European leaders said they would accelerate efforts to boost their own defences and rely less on the United States. Trump’s administration says it expects Europe to take primary responsibility for conventional defence, while Washington would keep its nuclear umbrella over Europe and uphold NATO’s mutual defence pact.
German Chancellor Friedrich Merz said he had begun talks with Emmanuel Macron about a European nuclear deterrence. Europe’s spending has risen, with NATO members agreeing last year to raise core defence from 2% of GDP to 3.5% and add 1.5% for other security investments, but major joint projects have struggled amid disputes over workshare and “buy European” rules.
Sources: Reuters, Politico Europe
Canada plans to unveil a new defence industrial strategy this week that shifts billions of dollars in military spending away from US defence companies and toward domestic manufacturers. Prime Minister Mark Carney has framed the change as a response to relations after US tariffs and repeated suggestions that Canada should become the 51st American state.

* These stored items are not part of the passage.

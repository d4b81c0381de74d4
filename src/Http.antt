-- ===== src/Http.antt =====
-- amiproc/http.h, amiproc/http.cpp and amiproc/http_routes.cpp: the HTTP front of the server.
pub mod Types
pub mod Base64
pub mod UrlDecode
pub mod Query
pub mod Request
pub mod Response
pub mod Routes
pub mod Server
pub mod Handler
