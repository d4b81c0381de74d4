-- ===== src/Http/Base64.antt =====
-- amiproc/http.cpp: `b64reverse`, `base64_encode` and `base64_decode`.
mod Bits
pub mod RoundTrip
use tst.Common.{
  refl, sym, ap, subst, ◌∙◌, none, some, true, false, [], ◌∷◌, inl, inr, zero, suc, ◌+◌, ◌-◌, ◌*◌,
  ◌/◌, ◌%◌, ◌^◌, ◌≤◌, ◌<◌, ◌≡◌, ◌≢◌, ◌↔◌, ◌⊎◌, ◌++◌, ◌==◌, if◌then◌else◌, ◌&&◌, ◌||◌, ℕ, Bool,
  Bytes, Option, length, ltb, leb, get_or, bit_and, bit_or, codes,
}

-- A constant of the program, not a table to compute with: `get_or` reads it by index.
abbrev pub alphabet : Bytes
alphabet = codes "ABCDEFGHIJKLMNOPQRSTUVWXYZabcdefghijklmnopqrstuvwxyz0123456789+/"

unfoldable pub b64 : ℕ → ℕ
b64 i = get_or alphabet i 0

abbrev pub within : ℕ → ℕ → ℕ → Bool
within lo hi c = leb lo c && leb c hi

-- 255 is the normal end, 254 an error.
unfoldable pub b64reverse : ℕ → ℕ
b64reverse letter =
    if within b'A' b'Z' letter
    then letter - b'A'
    else if within b'a' b'z' letter
    then letter - b'a' + 26
    else if within b'0' b'9' letter
    then letter - b'0' + 52
    else if letter == b'+'
    then 62
    else if letter == b'/'
    then 63
    else if letter == b'='
    then 255
    else 254

-- The letters for `a`, `b` and `c`, where those behind the end of the source are 0.
abbrev first_letter : ℕ → ℕ
first_letter a = b64 (a / 4)

abbrev second_letter : ℕ → ℕ → ℕ
second_letter a b = b64 (bit_or (bit_and a 3 * 16) (b / 16))

abbrev third_letter : ℕ → ℕ → ℕ
third_letter b c = b64 (bit_or (bit_and b 15 * 4) (c / 64))

abbrev fourth_letter : ℕ → ℕ
fourth_letter c = b64 (bit_and c 63)

unfoldable pub encode_loop : Bytes → Bytes
encode_loop [] = []
encode_loop (a ∷ []) = first_letter a ∷ second_letter a 0 ∷ []
encode_loop (a ∷ b ∷ []) = first_letter a ∷ second_letter a b ∷ third_letter b 0 ∷ []
encode_loop (a ∷ b ∷ c ∷ rest) =
    first_letter a ∷ second_letter a b ∷ third_letter b c ∷ fourth_letter c ∷ encode_loop rest

-- `while (j % 4 != 0) dst[j++] = '='`; three rounds are the most that it can take.
unfoldable pub pad : ℕ → ℕ → Bytes
pad zero j = []
pad (suc fuel) j = let rest = b'=' ∷ pad fuel (j + 1) in if j % 4 == 0 then [] else rest

-- What stands in `dst` before the terminating 0.
unfoldable pub encoded : Bytes → Bytes
unfolding encode_loop pad
encoded src = let letters = encode_loop src in letters ++ pad 3 (length letters)

-- All that is written to `dst`.
unfoldable pub base64_encode : Bytes → Bytes
unfolding encoded b64
base64_encode src = encoded src ++ 0 ∷ []

-- The bytes of one group of four values, of which the last two may be the end mark.
group_bytes : ℕ → ℕ → ℕ → ℕ → Bytes
group_bytes a b c d =
    ((a * 4 + b / 16) % 256)
    ∷ (if c == 255
        then []
        else ((b * 16 + c / 4) % 256) ∷ (if d == 255 then [] else ((c * 64 + d) % 256) ∷ []))

-- One round at index `i`: `more` is what the rounds behind it give.
decode_group : ℕ → ℕ → ℕ → ℕ → ℕ → Bytes × Option ℕ → Bytes × Option ℕ
unfolding group_bytes
decode_group i x y z t more =
    if leb 254 (b64reverse x)
    then ([], some i)
    else if leb 254 (b64reverse y)
    then ([], some (i + 1))
    else if b64reverse z == 254
    then ([], some (i + 2))
    else if b64reverse t == 254
    then ([], some (i + 3))
    else (group_bytes (b64reverse x) (b64reverse y) (b64reverse z) (b64reverse t) ++ more.0, more.1)

-- From index `i` on. A letter behind the end of the source is read as 0.
unfoldable pub decode_loop : ℕ → Bytes → Bytes × Option ℕ
unfolding decode_group
decode_loop i [] = ([], none)
decode_loop i (x ∷ []) = decode_group i x 0 0 0 ([], none)
decode_loop i (x ∷ y ∷ []) = decode_group i x y 0 0 ([], none)
decode_loop i (x ∷ y ∷ z ∷ []) = decode_group i x y z 0 ([], none)
decode_loop i (x ∷ y ∷ z ∷ t ∷ rest) = decode_group i x y z t (decode_loop (i + 4) rest)

-- The bytes written to `dst`, whose number is `*dst_len`, and the result: `none` for -1.
unfoldable pub base64_decode : Bytes → Bytes × Option ℕ
unfolding decode_loop b64reverse
base64_decode src = decode_loop 0 src
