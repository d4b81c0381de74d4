-- ===== src/Http/Base64/Bits.antt =====
-- The masks and shifts of the encoder as arithmetic, and the alphabet read back.
use tst.Common.{arith, ◌/◌, refl, ◌+◌, ◌*◌, ◌%◌, ◌<◌, ◌≡◌, ℕ, bit_and, bit_or}
use tst.Common.Tables.{all_below, agree_below, agree_below_both}
use tst.Http.Base64.{first_letter, second_letter, third_letter, fourth_letter, b64, b64reverse}

pub low_two : (a : ℕ) → a < 256 → bit_and a 3 ≡ a % 4
unfolding all_below
low_two = agree_below 256 (λ a. bit_and a 3) (λ a. a % 4) refl

pub low_four : (a : ℕ) → a < 256 → bit_and a 15 ≡ a % 16
unfolding all_below
low_four = agree_below 256 (λ a. bit_and a 15) (λ a. a % 16) refl

pub low_six : (a : ℕ) → a < 256 → bit_and a 63 ≡ a % 64
unfolding all_below
low_six = agree_below 256 (λ a. bit_and a 63) (λ a. a % 64) refl

pub join_two_four : (x y : ℕ) → x < 4 → y < 16 → bit_or (x * 16) y ≡ x * 16 + y
unfolding all_below
join_two_four = agree_below_both 4 16 (λ x y. bit_or (x * 16) y) (λ x y. x * 16 + y) refl

pub join_four_two : (x y : ℕ) → x < 16 → y < 4 → bit_or (x * 4) y ≡ x * 4 + y
unfolding all_below
join_four_two = agree_below_both 16 4 (λ x y. bit_or (x * 4) y) (λ x y. x * 4 + y) refl

-- Every letter of the alphabet stands for its place.
pub b64reverse-b64 : (v : ℕ) → v < 64 → b64reverse (b64 v) ≡ v
unfolding all_below b64 b64reverse
b64reverse-b64 = agree_below 64 (λ v. b64reverse (b64 v)) (λ v. v) refl

pub b64reverse_end : b64reverse b'=' ≡ 255
unfolding b64reverse
b64reverse_end = refl

-- The values that the letters of the encoder stand for.
pub first_value : (a : ℕ) → a < 256 → b64reverse (first_letter a) ≡ a / 4
first_value a h = b64reverse-b64 (a / 4) (omega arith)

pub second_value :
    (a b : ℕ) → a < 256 → b < 256 → b64reverse (second_letter a b) ≡ a % 4 * 16 + b / 16
second_value a b h k =
    rw (low_two a h, join_two_four (a % 4) (b / 16) (omega arith) (omega arith))
      (b64reverse-b64 (a % 4 * 16 + b / 16) (omega arith))

pub third_value :
    (b c : ℕ) → b < 256 → c < 256 → b64reverse (third_letter b c) ≡ b % 16 * 4 + c / 64
third_value b c h k =
    rw (low_four b h, join_four_two (b % 16) (c / 64) (omega arith) (omega arith))
      (b64reverse-b64 (b % 16 * 4 + c / 64) (omega arith))

pub fourth_value : (c : ℕ) → c < 256 → b64reverse (fourth_letter c) ≡ c % 64
fourth_value c h = rw (low_six c h) (b64reverse-b64 (c % 64) (omega arith))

Carney has said Canada will no longer acquire 70 to 75 percent of its weapons from the United States, and the plan sets a goal of awarding 70 percent of federal defence contracts to Canadian firms within a decade. It proposes buying and maintaining most of the military’s equipment domestically, backed by $6.6 billion carved out of an $81.8-billion defence reinvestment plan.
The strategy targets higher serviceability rates after figures showed 54 percent of the navy, 55 percent of the air force and 46 percent of army vehicles were “not serviceable”, and it proposes increasing defence exports by 50 percent.
Sources: New York Times, CBC
On this day …..
On this day in 1959, Fidel Castro was sworn in as Prime Minister of Cuba, consolidating control after the overthrow of Fulgencio Batista the previous month.
The appointment formalised the political transformation set in motion by the Cuban Revolution and marked the beginning of a new alignment that would soon place Havana at the centre of Cold War tensions.
Within two years, relations with the United States had ruptured and Cuba had drawn closer to the Soviet Union. The consequences would reshape hemispheric politics for decades.
Almost seventy years later the US is still trying to overthrow the regime that followed.